Principle: Monitoring and Review
Action: Regular monitoring of financial controls, tracking attendance at fraud prevention training, updating internal procedures and periodically reviewing contracts with associated persons all help organisations proactively identify and address emerging fraud risks.
What if we are sanctioned?
On conviction, the organisation may be fined (and there is of course likely to be reputational damage also). There may also be resulting civil liabilities, contractual implications, or consequences under procurement regimes. .
For the associated persons who committed the underlying fraud offence, they could be personally prosecuted, which could result in fines, criminal records or a custodial sentence, depending on the offence and its severity.
What are some examples relevant for asset managers?
Asset manager must of course consider their own businesses and that of portfolio companies.

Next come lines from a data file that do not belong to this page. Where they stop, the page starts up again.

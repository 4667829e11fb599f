-- ===== src/Eventlog/Verified.antt =====
-- When a log verifies: exactly when its bytes are a chain of frames.
use crust_core.Prelude.{
  ℕ, zero, suc, ◌+◌, ◌≤◌, ◌≡◌, ◌≢◌, ◌↔◌, refl, ap, ◌∙◌, Option, none, some, List, [], ◌∷◌, length,
  arith,
}
use crust_core.Prelude.Text.{text_eq_refl}
use crust_core.Prelude.Bytes.{split-append_of}
use crust_core.Eventlog.Parser.{ok}
use crust_core.Eventlog.Frame.{Decoded, decode_at}
use crust_core.Eventlog.Log.{
  genesis_prev_hash, ChainStatus, EventLog, check_frame, walk_from, walk, verify,
}
use crust_core.Eventlog.Sound.{
  IsFrame, frame_body-IsFrame, IsLinked, IsChain, Accepts, length-rest, walk_from-Accepts,
}

pub decode_at-reads : (bytes : List ℕ) (d : Decoded) → IsFrame bytes d → decode_at bytes ≡ ok d
unfolding decode_at
decode_at-reads bytes d f =
    rw
      (
        f.covers,
        f.reads d.after_payload,
        f.after,
        split-append_of 32 d.frame.frame_hash d.rest f.hash_length,
      )
      refl

check_frame-linked :
    (bytes prev : List ℕ) (last : Option ℕ) (d : Decoded)
    → IsLinked prev last bytes d
    → check_frame bytes prev last d ≡ none
unfolding check_frame
check_frame-linked bytes prev last d l =
    rw
      (
        l.payload_sealed,
        frame_body-IsFrame bytes d l.frame,
        l.sealed,
        l.linked,
        l.increasing,
        text_eq_refl d.frame.payload_hash,
        text_eq_refl d.frame.frame_hash,
        text_eq_refl prev,
      )
      refl

walk_from-IsChain :
    (fuel : ℕ) (bytes prev : List ℕ) (index : ℕ) (last : Option ℕ) (ds : List Decoded)
    → IsChain prev last bytes ds
    → length bytes ≤ fuel
    → walk_from fuel bytes prev index last ≡ (ds, ChainStatus.intact (index + length ds))
unfolding walk_from
walk_from-IsChain fuel [] prev index last [] c enough =
    ap (λ (n : ℕ). ([], ChainStatus.intact n)) (omega arith)
walk_from-IsChain fuel (b ∷ bs) prev index last [] c enough = ground arith
walk_from-IsChain fuel [] prev index last (d ∷ ds) c enough =
    absurd (omega (arith, length-rest [] d c.0.frame))
walk_from-IsChain zero (b ∷ bs) prev index last (d ∷ ds) c enough = absurd (omega arith)
walk_from-IsChain (suc fuel) (b ∷ bs) prev index last (d ∷ ds) c enough =
    rw
      (
        decode_at-reads (b ∷ bs) d c.0.frame,
        check_frame-linked (b ∷ bs) prev last d c.0,
        walk_from-IsChain fuel d.rest d.frame.frame_hash (suc index) (some d.frame.meta.seq) ds c.1
            (omega (arith, length-rest (b ∷ bs) d c.0.frame)),
      )
      (ap (λ (n : ℕ). (d ∷ ds, ChainStatus.intact n)) (omega arith))

-- What `walk` returns, as a pair.
pub walked : (log : EventLog) → Accepts genesis_prev_hash none log.bytes 0 (walk log)
unfolding walk
walked log = walk_from-Accepts (length log.bytes) log.bytes genesis_prev_hash 0 none (omega arith)

intact_eq : (a b : ℕ) → ChainStatus.intact a ≡ ChainStatus.intact b → a ≡ b
intact_eq a b e = ground arith

pub accepted :
    (bytes : List ℕ) (w : List Decoded × ChainStatus) (n : ℕ)
    → Accepts genesis_prev_hash none bytes 0 w
    → w.1 ≡ ChainStatus.intact n
    → IsChain genesis_prev_hash none bytes w.0 × (length w.0 ≡ n)
accepted bytes (ds, ChainStatus.intact m) n a e = (a.0, omega (arith, a.1, intact_eq m n e))
accepted bytes (ds, ChainStatus.broken m r) n a e = ground arith
accepted bytes (ds, ChainStatus.unfinished) n a e = ground arith

-- A log verifies with n frames exactly when its bytes are a chain of n frames: each decodes, has
-- the hash of its payload and of its own bytes, names the hash of the frame before (the genesis
-- hash at first), and has a greater sequence number than that frame.
pub verify-IsChain :
    (log : EventLog) (n : ℕ)
    → (verify log ≡ ChainStatus.intact n)
      ↔ ((ds : List Decoded) × (IsChain genesis_prev_hash none log.bytes ds) × (length ds ≡ n))
unfolding verify walk
verify-IsChain log n = (
  λ e. let a = accepted log.bytes (walk log) n (walked log) e in ((walk log).0, a.0, a.1),
  λ (ds, c, e).
      ap (λ w. w.1)
        (walk_from-IsChain (length log.bytes) log.bytes genesis_prev_hash 0 none ds c (omega arith))
      ∙ ap ChainStatus.intact (omega (arith, e)),
)

not_unfinished :
    (bytes : List ℕ) (w : List Decoded × ChainStatus)
    → Accepts genesis_prev_hash none bytes 0 w
    → w.1 ≢ ChainStatus.unfinished
not_unfinished bytes (ds, ChainStatus.intact m) a e = ground arith
not_unfinished bytes (ds, ChainStatus.broken m r) a e = ground arith
not_unfinished bytes (ds, ChainStatus.unfinished) a e = a

-- One unit of fuel for each byte is enough: verification always ends in `intact` or `broken`.
pub verify-finishes : (log : EventLog) → verify log ≢ ChainStatus.unfinished
unfolding verify
verify-finishes log = not_unfinished log.bytes (walk log) (walked log)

Two examples are provided in the Guidance in relation to investments:
- Example 1: A large company is seeking investments. The accounting department deliberately manipulates the accounts to over‑state the profits. The intent of the fraud is to benefit the company by making it appear more attractive to investors. The base fraud here is fraud by false accounting and the associated person is the relevant employee (or employees) in the accounts department. The company could be prosecuted under section 199(1)(a) of the Act and could be liable for failure to prevent fraud, unless the court determines that it had reasonable procedures in place to prevent such a fraud. Note that the offence applies even if potential investment is not actually secured. It is enough that the fraud was intended to benefit the company.

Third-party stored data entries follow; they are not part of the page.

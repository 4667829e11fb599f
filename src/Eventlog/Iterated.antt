-- ===== src/Eventlog/Iterated.antt =====
-- On a log that verifies, `iter` finds the frames that the walk found.
use crust_core.Prelude.{
  ℕ, zero, suc, ◌≤◌, ◌≡◌, refl, ap, ◌∙◌, Option, none, some, List, [], ◌∷◌, length, arith,
}
use crust_core.Eventlog.Frame.{FrameMeta, Decoded}
use crust_core.Eventlog.Log.{genesis_prev_hash, new_log, walk, iter_from, iter}
use crust_core.Eventlog.Sound.{IsChain, length-rest}
use crust_core.Eventlog.Verified.{decode_at-reads, walked, accepted}
use crust_core.Eventlog.Appends.{append_all, IsAppendable, chain_frames, walk-append_all}

iter_from-IsChain :
    (fuel : ℕ) (bytes prev : List ℕ) (last : Option ℕ) (ds : List Decoded)
    → IsChain prev last bytes ds
    → length bytes ≤ fuel
    → iter_from fuel bytes ≡ ds
unfolding iter_from
iter_from-IsChain fuel [] prev last [] c enough = refl
iter_from-IsChain fuel (b ∷ bs) prev last [] c enough = ground arith
iter_from-IsChain fuel [] prev last (d ∷ ds) c enough =
    absurd (omega (arith, length-rest [] d c.0.frame))
iter_from-IsChain zero (b ∷ bs) prev last (d ∷ ds) c enough = absurd (omega arith)
iter_from-IsChain (suc fuel) (b ∷ bs) prev last (d ∷ ds) c enough =
    rw (decode_at-reads (b ∷ bs) d c.0.frame) (
      ap (λ x. d ∷ x)
        (iter_from-IsChain fuel d.rest d.frame.frame_hash (some d.frame.meta.seq) ds c.1
          (omega (arith, length-rest (b ∷ bs) d c.0.frame))))

pub iter-IsChain :
    (bytes : List ℕ) (ds : List Decoded) → IsChain genesis_prev_hash none bytes ds → iter bytes ≡ ds
unfolding iter
iter-IsChain bytes ds c =
    iter_from-IsChain (length bytes) bytes genesis_prev_hash none ds c (omega arith)

-- The frames of a log that was built by appending.
pub iter-append_all :
    (es : List (FrameMeta × List ℕ))
    → IsAppendable none es
    → iter (append_all es new_log).bytes ≡ chain_frames genesis_prev_hash es
iter-append_all es h =
    let log = append_all es new_log in
    let w = walk-append_all es h in
    iter-IsChain log.bytes (walk log).0
      (accepted log.bytes (walk log) (length es) (walked log) (ap (λ x. x.1) w)).0
    ∙ ap (λ x. x.0) w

- Example 2: An investment fund provider promotes investment in a “sustainable” timber company, knowing that, in fact, this company’s environmental credentials are fabricated and that the timber is harvested from protected forest. Investors are deceived into placing funds with the investment fund provider. The base fraud is fraud by fraud by false representation. The intent is to benefit the fund provider. The associated person is the relevant member of staff at the investment fund provider who knowingly used the false information in the investment fund’s brochures for clients. The investment fund provider could be liable under section 199(1)(a) of the Act unless a court determines that it had reasonable procedures in place to prevent this fraud. Again, the offence applies even if the investment is not actually secured. It is enough that the fraud was intended to benefit the investment fund provider.